The Society of Actuaries Research Institute plans to hold the copyright to the research and to publish the results with appropriate credit given to the researcher(s).

The Society of Actuaries Research Institute may choose to seek public exposure or media attention for the research. By submitting a proposal, you agree to cooperate with the [Society of Actuaries/sponsoring entity] in publicizing or promoting the research and responding to media requests.
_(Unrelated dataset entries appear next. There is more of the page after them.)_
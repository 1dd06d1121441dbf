-- ===== src/ConfFormat.antt =====
-- crmsh/corosync_config_format.py: the parser, the tree of sections, its queries and its serializer.
pub mod Tokenizer
pub mod Parser
pub mod Dom
pub mod DomLaws
pub mod Builder
pub mod Serializer
pub mod RoundTrip
pub mod Query
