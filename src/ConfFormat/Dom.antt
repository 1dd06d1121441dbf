-- ===== src/ConfFormat/Dom.antt =====
-- The tree that `DomParser` builds: Python's nested `dict`, `list` and `str`. A `dict` keeps the order
-- of insertion and no key twice.
use crmsh.Prelude.{Option, none, some, List, [], ◌∷◌, if◌then◌else◌, Text, same}

mutual
  pub data Value : Type 0 where
    scalar : Text → Value
    dict : Fields → Value
    list : Items → Value

  pub data Items : Type 0 where
    nil : Items
    cons : Value → Items → Items

  pub data Fields : Type 0 where
    end : Fields
    field : Text → Value → Fields → Fields

-- `d.get(key)`, and `d[key]` where `none` is the `KeyError`.
unfoldable pub lookup : Text → Fields → Option Value
lookup key end = none
lookup key (field k v fs) = if same k key then some v else lookup key fs

-- `d[key] = value`: an old key keeps its place.
unfoldable pub insert : Text → Value → Fields → Fields
insert key v end = field key v end
insert key v (field k w fs) = if same k key then field k v fs else field k w (insert key v fs)

-- `li.append(value)`
unfoldable pub append_item : Items → Value → Items
append_item nil v = cons v nil
append_item (cons x xs) v = cons x (append_item xs v)

-- `d.keys()`
abbrev pub keys : Fields → List Text
keys end = []
keys (field k v fs) = k ∷ keys fs
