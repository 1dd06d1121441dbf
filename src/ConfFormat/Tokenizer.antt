-- ===== src/ConfFormat/Tokenizer.antt =====
-- `Parser._tokenize` and the pattern `_SPLIT_RE` of crmsh/corosync_config_format.py.
use crmsh.Prelude.{
  ℕ, ◌≡◌, refl, Bool, ◌||◌, Option, none, some, [], ◌∷◌, ◌==◌, if◌then◌else◌, Text, codes, is_space,
  lstrip,
}

-- The group `(#|{|:|})` of the pattern.
unfoldable pub is_delimiter : ℕ → Bool
is_delimiter c = c == b'#' || c == b'{' || c == b':' || c == b'}'

pub record Tokens : Type 0 where
  pub before : Text
  pub mark : ℕ
  pub after : Text

-- `\s*(#|{|:|})\s*` tried where the text begins: the delimiter, and what stands behind the match.
-- No delimiter is a space, so the first `\s*` has one way to match.
unfoldable pub match_at : Text → Option (ℕ × Text)
match_at [] = none
match_at (c ∷ s) =
    if is_space c then match_at s else if is_delimiter c then some (c, lstrip s) else none

unfoldable pub prepend : ℕ → Option Tokens → Option Tokens
prepend c none = none
prepend c (some t) = some (record t { before = c ∷ t.before })

-- `_SPLIT_RE.search(line)`: the match that begins first. `none` is the `ValueError`.
unfoldable pub tokenize : Text → Option Tokens
unfolding match_at prepend
tokenize [] = none
tokenize (c ∷ s) =
    let later = prepend c (tokenize s) in
    elim (match_at (c ∷ s)) [
      | some (d, rest) ↦ some (record { before = []; mark = d; after = rest })
      | none ↦ later
    ]

tokenize_key :
    tokenize (codes "a_b  : c:d")
    ≡ some (record { before = codes "a_b"; mark = b':'; after = codes "c:d" })
unfolding tokenize is_space is_delimiter lstrip
tokenize_key = refl
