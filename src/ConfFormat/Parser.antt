-- ===== src/ConfFormat/Parser.antt =====
-- The class `Parser` of crmsh/corosync_config_format.py: the loop over the lines of a file, and the
-- handlers that a subclass overrides.
use crmsh.Prelude.{
  ℕ, ◌+◌, ◌||◌, not, none, some, List, [], ◌∷◌, ◌++◌, ◌==◌, if◌then◌else◌, Text, codes, is_empty,
  strip, str,
}
use crmsh.ConfFormat.Tokenizer.{Tokens, tokenize}

-- The result of a parse: the state of the handlers, or the exception with its data.
pub data Result {ℓ} (A : Type ℓ) : Type ℓ where
  ok : A → Result A
  malformed_line : ℕ → Text → Result A
  unbalanced_brace : ℕ → Result A

infixl 5 ◌>>=◌
abbrev pub ◌>>=◌ {ℓ κ} : {A : Type ℓ} {B : Type κ} → Result A → (A → Result B) → Result B
ok a >>= f = f a
malformed_line n t >>= f = malformed_line n t
unbalanced_brace n >>= f = unbalanced_brace n

-- The methods that a subclass overrides, over the subclass's own state.
pub record Handler {ℓ} (S : Type ℓ) : Type ℓ where
  pub enter_section : Text → S → S
  pub exit_section : Text → S → S
  pub on_key_value : Text → Text → S → S

-- `COMMENT_PREFIX`
abbrev pub comment_prefix : Text
comment_prefix = codes "#comment"

-- `fake_key`
unfoldable pub comment_key : ℕ → Text
comment_key lineno = comment_prefix ++ (b'_' ∷ str lineno)

module _ {ℓ} {S : Type ℓ} (h : Handler S) where
  -- `__section_stack`, its last item first, and the state of the subclass.
  pub record State : Type ℓ where
    pub sections : List Text
    pub inner : S

  -- The branch of a closing brace.
  close_section : ℕ → List Text → S → Result State
  close_section lineno [] s = unbalanced_brace (lineno + 1)
  close_section lineno (name ∷ names) s =
      ok (record { sections = names; inner = h.exit_section name s })

  -- What a line with the given tokens does.
  unfoldable pub dispatch : ℕ → Text → Tokens → State → Result State
  unfolding close_section
  dispatch lineno line t st =
      if t.mark == b'#'
      then ok (record st { inner = h.on_key_value (comment_key lineno) t.after st.inner })
      else if t.mark == b'{'
      then if is_empty t.before || not (is_empty t.after)
        then malformed_line lineno line
        else ok (record {
          sections = t.before ∷ st.sections;
          inner = h.enter_section t.before st.inner;
        })
      else if t.mark == b':'
      then if is_empty t.before
        then malformed_line lineno line
        else ok (record st { inner = h.on_key_value t.before t.after st.inner })
      else if not (is_empty t.before) || not (is_empty t.after)
      then malformed_line lineno line
      else close_section lineno st.sections st.inner

  -- One round of the loop, on the stripped line.
  unfoldable pub handle_line : ℕ → Text → State → Result State
  handle_line lineno line st = if is_empty line then ok st else elim (tokenize line) [
    | none ↦ malformed_line lineno line
    | some t ↦ dispatch lineno line t st
  ]

  -- What follows the loop.
  finish : State → Result S
  finish st = elim st.sections [ [] ↦ ok st.inner | _ ∷ _ ↦ unbalanced_brace 0 ]

  unfoldable pub run : ℕ → List Text → State → Result S
  unfolding finish
  run lineno [] st = finish st
  run lineno (raw ∷ lines) st = do
    st' ← handle_line lineno (strip raw) st
    run (lineno + 1) lines st'

  -- `_parse`
  unfoldable pub parse : List Text → S → Result S
  unfolding run
  parse ifile s = run 0 ifile (record { sections = []; inner = s })

abbrev pub add_first : ℕ → List Text → List Text
add_first c [] = (c ∷ []) ∷ []
add_first c (l ∷ ls) = (c ∷ l) ∷ ls

-- Iteration over a file: its lines, each with its newline.
unfoldable pub split_lines : Text → List Text
split_lines [] = []
split_lines (c ∷ s) =
    let rest = split_lines s in if c == b'\n' then (c ∷ []) ∷ rest else add_first c rest
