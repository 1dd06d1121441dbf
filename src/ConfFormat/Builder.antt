-- ===== src/ConfFormat/Builder.antt =====
-- The class `DomParser` of crmsh/corosync_config_format.py.
--
-- `__node_stack` holds references into the tree under `_root`. The model keeps a reference as the
-- path of section names that leads to it: a name leads to the `dict` at that key, or to the last
-- item of the list there, which is the section that was entered last.
use crmsh.Prelude.{none, some, List, [], ◌∷◌, ◌++◌, if◌then◌else◌, Text, same}
use crmsh.ConfFormat.Dom.{
  Value, scalar, dict, list, Items, nil, cons, Fields, end, field, lookup, insert, append_item,
}
use crmsh.ConfFormat.Parser.{Result, ok, ◌>>=◌, Handler, parse}

pub record Builder : Type 0 where
  pub root : Fields
  -- the names of the sections above and at the current node, outermost first
  pub path : List Text

-- Replaces a section by what `f` makes of it; anything else is left alone.
abbrev pub on_dict : (Fields → Fields) → Value → Value
on_dict f (dict d) = dict (f d)
on_dict f v = v

unfoldable pub on_last : (Fields → Fields) → Items → Items
on_last f nil = nil
on_last f (cons x nil) = cons (on_dict f x) nil
on_last f (cons x (cons y ys)) = cons x (on_last f (cons y ys))

-- The section that a name leads to.
unfoldable pub on_section : (Fields → Fields) → Value → Value
unfolding on_last
on_section f (scalar s) = scalar s
on_section f (dict d) = dict (f d)
on_section f (list vs) = list (on_last f vs)

unfoldable pub at_key : Text → (Value → Value) → Fields → Fields
at_key key f end = end
at_key key f (field k v fs) = if same k key then field k (f v) fs else field k v (at_key key f fs)

-- Writes through the reference that `path` stands for.
unfoldable pub at_path : List Text → (Fields → Fields) → Fields → Fields
at_path [] f d = f d
at_path (k ∷ path) f d = at_key k (on_section (at_path path f)) d

-- The value at a key that has one already, when `new` is added under that key.
unfoldable pub join_value : Value → Value → Value
join_value (list vs) new = list (append_item vs new)
join_value old new = list (cons old (cons new nil))

-- `enter_section` and `on_key_value` on the current node.
unfoldable pub add_value : Text → Value → Fields → Fields
unfolding join_value
add_value key new d = elim (lookup key d) [
  | none ↦ insert key new d
  | some node ↦ insert key (join_value node new) d
]

unfoldable pub enter_section : Text → Builder → Builder
enter_section name b = record {
  root = at_path b.path (add_value name (dict end)) b.root;
  path = b.path ++ name ∷ [];
}

unfoldable pub on_key_value : Text → Text → Builder → Builder
on_key_value key value b = record b { root = at_path b.path (add_value key (scalar value)) b.root }

-- All but the last item.
unfoldable pub drop_last {ℓ} : {A : Type ℓ} → List A → List A
drop_last [] = []
drop_last (x ∷ []) = []
drop_last (x ∷ y ∷ xs) = x ∷ drop_last (y ∷ xs)

unfoldable pub exit_section : Text → Builder → Builder
exit_section name b = record b { path = drop_last b.path }

abbrev pub dom_handler : Handler Builder
dom_handler = record {
  enter_section = enter_section;
  exit_section = exit_section;
  on_key_value = on_key_value;
}

-- `DomParser(ifile).dom()`
unfoldable pub parse_dom : List Text → Result Fields
parse_dom ifile = do b ← parse dom_handler ifile (record { root = end; path = [] }); ok b.root
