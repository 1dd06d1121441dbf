-- ===== src/ConfFormat/DomLaws.antt =====
-- Reading and writing the keys of a `dict` of the tree.
use crmsh.Prelude.{◌≡◌, refl, arith, some, if◌then◌else◌, Text, same, same_iff}
use crmsh.ConfFormat.Dom.{Value, Fields, end, field, lookup, insert}

pub lookup-insert :
    (j key : Text) (v : Value) (d : Fields)
    → lookup j (insert key v d) ≡ (if same key j then some v else lookup j d)
unfolding lookup insert
lookup-insert j key v end = refl
lookup-insert j key v (field k w fs) =
    ground (arith, same_iff k key, same_iff k j, same_iff key j, lookup-insert j key v fs)
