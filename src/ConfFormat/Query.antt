-- ===== src/ConfFormat/Query.antt =====
-- The class `DomQuery` of crmsh/corosync_config_format.py: its definitions, and what they find.
pub mod Paths
pub mod Leaves
pub mod Removal
pub mod Removed
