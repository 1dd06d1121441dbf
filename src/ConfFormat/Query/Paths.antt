-- ===== src/ConfFormat/Query/Paths.antt =====
-- The class `DomQuery` of crmsh/corosync_config_format.py. A path is the list of its keys.
use crmsh.Prelude.{
  ℕ, zero, suc, ◌+◌, Option, none, some, List, [], ◌∷◌, ◌++◌, if◌then◌else◌, Text, starts_with,
  Bool, true, false, ◌&&◌, ◌||◌, same, codes,
}
use crmsh.Prelude.Results.{Result, ok, err, ◌>>=◌}
use crmsh.ConfFormat.Parser.{comment_prefix}
use crmsh.ConfFormat.Dom.{Value, scalar, dict, list, Items, nil, cons, Fields, end, field, lookup}

pub data ConfError : Type 0 where
  key_error index_error type_error : ConfError

-- `while isinstance(node, list): node = node[index]`
unfoldable mutual
  pub pick : ℕ → Value → Result ConfError Value
  pick index (scalar s) = ok (scalar s)
  pick index (dict d) = ok (dict d)
  pick index (list vs) = pick_item index index vs

  -- ... from the item that is `i` places further on.
  pub pick_item : ℕ → ℕ → Items → Result ConfError Value
  pick_item index i nil = err index_error
  pick_item index zero (cons x xs) = pick index x
  pick_item index (suc i) (cons x xs) = pick_item index i xs

abbrev pub or_key_error : Option Value → Result ConfError Value
or_key_error none = err key_error
or_key_error (some v) = ok v

-- `node[key]`, where only a `dict` can be asked.
unfoldable pub child : Text → Value → Result ConfError Value
child key (scalar s) = err key_error
child key (list vs) = err key_error
child key (dict d) = or_key_error (lookup key d)

-- `get`
unfoldable pub get : List Text → ℕ → Value → Result ConfError Value
unfolding child
get [] index node = ok node
get (key ∷ path) index node = do v ← child key node; v' ← pick index v; get path index v'

-- `result.extend(...)` over the items of a list.
unfoldable pub extend_all :
    (Value → Result ConfError (List Value)) → Items → Result ConfError (List Value)
extend_all f nil = ok []
extend_all f (cons x xs) = do vs ← f x; ws ← extend_all f xs; ok (vs ++ ws)

-- A list is searched item by item for the rest of the path.
unfoldable pub each_item :
    (Value → Result ConfError (List Value)) → Value → Result ConfError (List Value)
unfolding extend_all
each_item f (list vs) = extend_all f vs
each_item f (scalar s) = f (scalar s)
each_item f (dict d) = f (dict d)

-- `get_all`
unfoldable pub get_all : List Text → Value → Result ConfError (List Value)
unfolding child each_item
get_all [] node = ok (node ∷ [])
get_all (key ∷ path) node = do v ← child key node; each_item (get_all path) v

-- An entry of the queue: a node and the path that leads to it.
abbrev pub Entry : Type 0
Entry = Value × List Text

unfoldable pub enqueue_fields : List Text → Fields → List Entry → List Entry
enqueue_fields path end queue = queue
enqueue_fields path (field key v fs) queue =
    if starts_with comment_prefix key
    then enqueue_fields path fs queue
    else enqueue_fields path fs (queue ++ (v, path ++ key ∷ []) ∷ [])

unfoldable pub enqueue_items : List Text → Items → List Entry → List Entry
enqueue_items path nil queue = queue
enqueue_items path (cons x xs) queue = enqueue_items path xs (queue ++ (x, path) ∷ [])

unfoldable pub same_path : List Text → List Text → Bool
same_path [] [] = true
same_path [] (k ∷ ks) = false
same_path (k ∷ ks) [] = false
same_path (k ∷ ks) (l ∷ ls) = same k l && same_path ks ls

unfoldable pub has_path : List Text → List (List Text) → Bool
unfolding same_path
has_path p [] = false
has_path p (q ∷ qs) = same_path p q || has_path p qs

-- `result.add(path)`: the set is a list without duplicates.
unfoldable pub add_path : List Text → List (List Text) → List (List Text)
unfolding has_path
add_path path result = if has_path path result then result else path ∷ result

-- The loop of `enumerate_all_paths`. `none` is the end of the fuel.
unfoldable pub enumerate : ℕ → List Entry → List (List Text) → Option (List (List Text))
unfolding enqueue_fields enqueue_items add_path
enumerate fuel [] result = some result
enumerate zero (e ∷ queue) result = none
enumerate (suc fuel) ((dict d, path) ∷ queue) result =
    enumerate fuel (enqueue_fields path d queue) result
enumerate (suc fuel) ((list vs, path) ∷ queue) result =
    enumerate fuel (enqueue_items path vs queue) result
enumerate (suc fuel) ((scalar s, path) ∷ queue) result = enumerate fuel queue (add_path path result)

-- The number of nodes of a tree.
unfoldable mutual
  pub size : Value → ℕ
  size (scalar s) = 1
  size (dict d) = suc (size_fields d)
  size (list vs) = suc (size_items vs)

  pub size_fields : Fields → ℕ
  size_fields end = 0
  size_fields (field k v fs) = size v + size_fields fs

  pub size_items : Items → ℕ
  size_items nil = 0
  size_items (cons x xs) = size x + size_items xs

-- `'.'.join(item)`
unfoldable pub join_path : List Text → Text
join_path [] = []
join_path (k ∷ []) = k
join_path (k ∷ l ∷ path) = k ++ codes "." ++ join_path (l ∷ path)

unfoldable pub join_paths : List (List Text) → List Text
unfolding join_path
join_paths [] = []
join_paths (path ∷ paths) = join_path path ∷ join_paths paths

abbrev pub joined : Option (List (List Text)) → Option (List Text)
joined none = none
joined (some paths) = some (join_paths paths)

-- `enumerate_all_paths`, with one round for each node. The order in which Python goes over a set is left
-- open: it is here the one in which the list has the paths.
unfoldable pub enumerate_all_paths : Value → Option (List Text)
unfolding enumerate size join_paths
enumerate_all_paths dom = joined (enumerate (size dom) ((dom, []) ∷ []) [])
The Society of Actuaries may also choose to market and promote the research to members, candidates and other interested parties. You agree to perform promotional communication requested by the Society of Actuaries, which may include, but is not limited to, leading a webcast on the research, presenting the research at an SOA meeting, and/or writing an article on the research for an SOA newsletter.

Conflict of Interest

You agree to disclose any of your material business, financial and organizational interests and affiliations which are or may be construed to be reasonably related to the interest, activities and programs of the Society of Actuaries or the Society of Actuaries Research Institute.

Appendix

The cost ranges below are intended as a guide for budgeting project costs for proposals in response to SOA Research Institute Request for Proposals (RFP). Please note these figures span the 33rd to 66th percentiles for all projects as well as projects that involve a specific approach (lit review, survey, etc.). They are based on historical costs over several recent years. Expected costs for some RFPs may fall outside these ranges depending on the nature of the work and resources required for completion.

All Contracted Projects

This category includes all contracted projects that the Institute has undertaken within the last several years. The 33^rd – 66^th percentile project costs range is $25,000 – $50,000.

Literature Reviews

This category includes projects that involved only a literature review or the cost for the portion of a larger project that included a literature review. The 33^rd – 66^th percentile project costs range is $15,000 – $20,000.

Surveys

This category includes all projects that had a survey as their primary component. The 33^rd-66^th percentile project costs range is $28,000 – $55,000.